**EXTRACTED MATERIAL**.
====

-- ===== src/Session/Consistency/Saving.antt =====
-- `SaveResponse` keeps the invariant.
use mathlib.Core.Path.{subst}
use tao_core_go.Prelude.{
  Text, false, List, [], ◌∷◌, ◌++◌, ◌≡◌, refl, sym, inl, inr, arith, ◌==◌, text_eq_instance,
  text_eq_iff, any, Bool-cases,
}
use tao_core_go.Prelude.Rows.{IsUnique, count-update_where, count_append_one, count-zero_of_any}
use tao_core_go.Float.{Float64}
use tao_core_go.Models.{ItemResponse}
use tao_core_go.Store.{Db, World}
use tao_core_go.Session.{Env}
use tao_core_go.Session.Save.{same_answer, save_response}
use tao_core_go.Session.Save.Outcome.{saved, overwritten, IsAccepted}
use tao_core_go.Session.Save.Laws.{save_response-Saves}
use tao_core_go.Session.Consistency.Invariant.{IsConsistent, Outcome-IsConsistent}

module _ {F : Type 0} where
  -- Only the responses change, and their identifiers stay unique.
  pub with_responses-IsConsistent :
      (db : Db F) (rows : List (ItemResponse F))
      → IsConsistent db
      → IsUnique (λ (r : ItemResponse F). r.id) rows
      → IsConsistent (record db { responses = rows })
  with_responses-IsConsistent db rows c unique = record {
    session_ids = c.session_ids;
    response_ids = unique;
    one_open = c.one_open;
    capped = c.capped;
  }

module _ {F : Type 0} ⦃float : Float64 F⦄ (env : Env) (sid uid iid answer : Text) (db : Db F)
    (c : IsConsistent db) where
  appended-IsUnique :
      any (λ r. r.id == env.new_id) db.responses ≡ false
      → IsUnique
          (λ (r : ItemResponse F). r.id)
          (db.responses ++ saved env sid uid iid answer db ∷ [])
  appended-IsUnique unused i =
      let one =
        count_append_one (λ (r : ItemResponse F). r.id == i) db.responses
          (saved env sid uid iid answer db) in
      elim (Bool-cases (env.new_id == i)) [
        | inl same ↦
            let e : env.new_id ≡ i = (text_eq_iff _ _).0 same in
            let none_same =
              count-zero_of_any (λ (r : ItemResponse F). r.id == env.new_id) (λ r. r.id == i)
                db.responses (λ x h. rw e h) unused in
            rw (one, same) (omega (arith, none_same))
        | inr other ↦ rw (one, other) (omega (arith, c.response_ids i))
      ]

  overwritten-IsUnique :
      IsUnique (λ (r : ItemResponse F). r.id) (overwritten env sid uid iid answer db)
  overwritten-IsUnique i =
      let rewrite : ItemResponse F → ItemResponse F = λ r. record r {
        response_data = answer;
        responded_at = env.now;
        score_given = float.zero;
        is_correct = false;
      } in
      rw
        (count-update_where (λ (r : ItemResponse F). r.id == i) (same_answer sid iid) rewrite
          db.responses (λ x h e. refl))
        (c.response_ids i)

  IsAccepted-IsUnique :
      {row : ItemResponse F} {db' : Db F} (a : IsAccepted env sid uid iid answer db row db')
      → IsUnique (λ (r : ItemResponse F). r.id) a.responses
  IsAccepted-IsUnique a = elim a.stored [
    | inl appended ↦ subst (IsUnique (λ r. r.id)) (sym appended.3) (appended-IsUnique appended.1)
    | inr replaced ↦ subst (IsUnique (λ r. r.id)) (sym replaced.2) overwritten-IsUnique
  ]

pub save_response-IsConsistent :
    {F : Type 0} ⦃float : Float64 F⦄ (env : Env) (sid uid iid answer : Text) (w : World F)
    → IsConsistent w.db
    → IsConsistent (save_response env sid uid iid answer w).1.db
save_response-IsConsistent env sid uid iid answer w c =
    Outcome-IsConsistent w.db _ _ c
      (λ row db' a. subst IsConsistent (sym a.updated) (
        with_responses-IsConsistent w.db a.responses c
          (IsAccepted-IsUnique env sid uid iid answer w.db c a)))
      _ _ (save_response-Saves env sid uid iid answer w)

====

**EXERCISE OBJECTIVE**.
Each record above should be repeated exactly as it appears.

**THE COMPLETED TASK**.
-- ===== src/Session/Consistency/Saving.antt =====
-- `SaveResponse` keeps the invariant.
use mathlib.Core.Path.{subst}
use tao_core_go.Prelude.{
  Text, false, List, [], ◌∷◌, ◌++◌, ◌≡◌, refl, sym, inl, inr, arith, ◌==◌, text_eq_instance,
  text_eq_iff, any, Bool-cases,
}
use tao_core_go.Prelude.Rows.{IsUnique, count-update_where, count_append_one, count-zero_of_any}
use tao_core_go.Float.{Float64}
use tao_core_go.Models.{ItemResponse}
use tao_core_go.Store.{Db, World}
use tao_core_go.Session.{Env}
use tao_core_go.Session.Save.{same_answer, save_response}
use tao_core_go.Session.Save.Outcome.{saved, overwritten, IsAccepted}
use tao_core_go.Session.Save.Laws.{save_response-Saves}
use tao_core_go.Session.Consistency.Invariant.{IsConsistent, Outcome-IsConsistent}

module _ {F : Type 0} where
  -- Only the responses change, and their identifiers stay unique.
  pub with_responses-IsConsistent :
      (db : Db F) (rows : List (ItemResponse F))
      → IsConsistent db
      → IsUnique (λ (r : ItemResponse F). r.id) rows
      → IsConsistent (record db { responses = rows })
  with_responses-IsConsistent db rows c unique = record {
    session_ids = c.session_ids;
    response_ids = unique;
    one_open = c.one_open;
    capped = c.capped;
  }

module _ {F : Type 0} ⦃float : Float64 F⦄ (env : Env) (sid uid iid answer : Text) (db : Db F)
    (c : IsConsistent db) where
  appended-IsUnique :
      any (λ r. r.id == env.new_id) db.responses ≡ false
      → IsUnique
          (λ (r : ItemResponse F). r.id)
          (db.responses ++ saved env sid uid iid answer db ∷ [])
  appended-IsUnique unused i =
      let one =
        count_append_one (λ (r : ItemResponse F). r.id == i) db.responses
          (saved env sid uid iid answer db) in
      elim (Bool-cases (env.new_id == i)) [
        | inl same ↦
            let e : env.new_id ≡ i = (text_eq_iff _ _).0 same in
            let none_same =
              count-zero_of_any (λ (r : ItemResponse F). r.id == env.new_id) (λ r. r.id == i)
                db.responses (λ x h. rw e h) unused in
            rw (one, same) (omega (arith, none_same))
        | inr other ↦ rw (one, other) (omega (arith, c.response_ids i))
      ]

  overwritten-IsUnique :
      IsUnique (λ (r : ItemResponse F). r.id) (overwritten env sid uid iid answer db)
  overwritten-IsUnique i =
      let rewrite : ItemResponse F → ItemResponse F = λ r. record r {
        response_data = answer;
        responded_at = env.now;
        score_given = float.zero;
        is_correct = false;
      } in
      rw
        (count-update_where (λ (r : ItemResponse F). r.id == i) (same_answer sid iid) rewrite
          db.responses (λ x h e. refl))
        (c.response_ids i)

  IsAccepted-IsUnique :
      {row : ItemResponse F} {db' : Db F} (a : IsAccepted env sid uid iid answer db row db')
      → IsUnique (λ (r : ItemResponse F). r.id) a.responses
  IsAccepted-IsUnique a = elim a.stored [
    | inl appended ↦ subst (IsUnique (λ r. r.id)) (sym appended.3) (appended-IsUnique appended.1)
    | inr replaced ↦ subst (IsUnique (λ r. r.id)) (sym replaced.2) overwritten-IsUnique
  ]

pub save_response-IsConsistent :
    {F : Type 0} ⦃float : Float64 F⦄ (env : Env) (sid uid iid answer : Text) (w : World F)
    → IsConsistent w.db
    → IsConsistent (save_response env sid uid iid answer w).1.db
save_response-IsConsistent env sid uid iid answer w c =
    Outcome-IsConsistent w.db _ _ c
      (λ row db' a. subst IsConsistent (sym a.updated) (
        with_responses-IsConsistent w.db a.responses c
          (IsAccepted-IsUnique env sid uid iid answer w.db c a)))
      _ _ (save_response-Saves env sid uid iid answer w)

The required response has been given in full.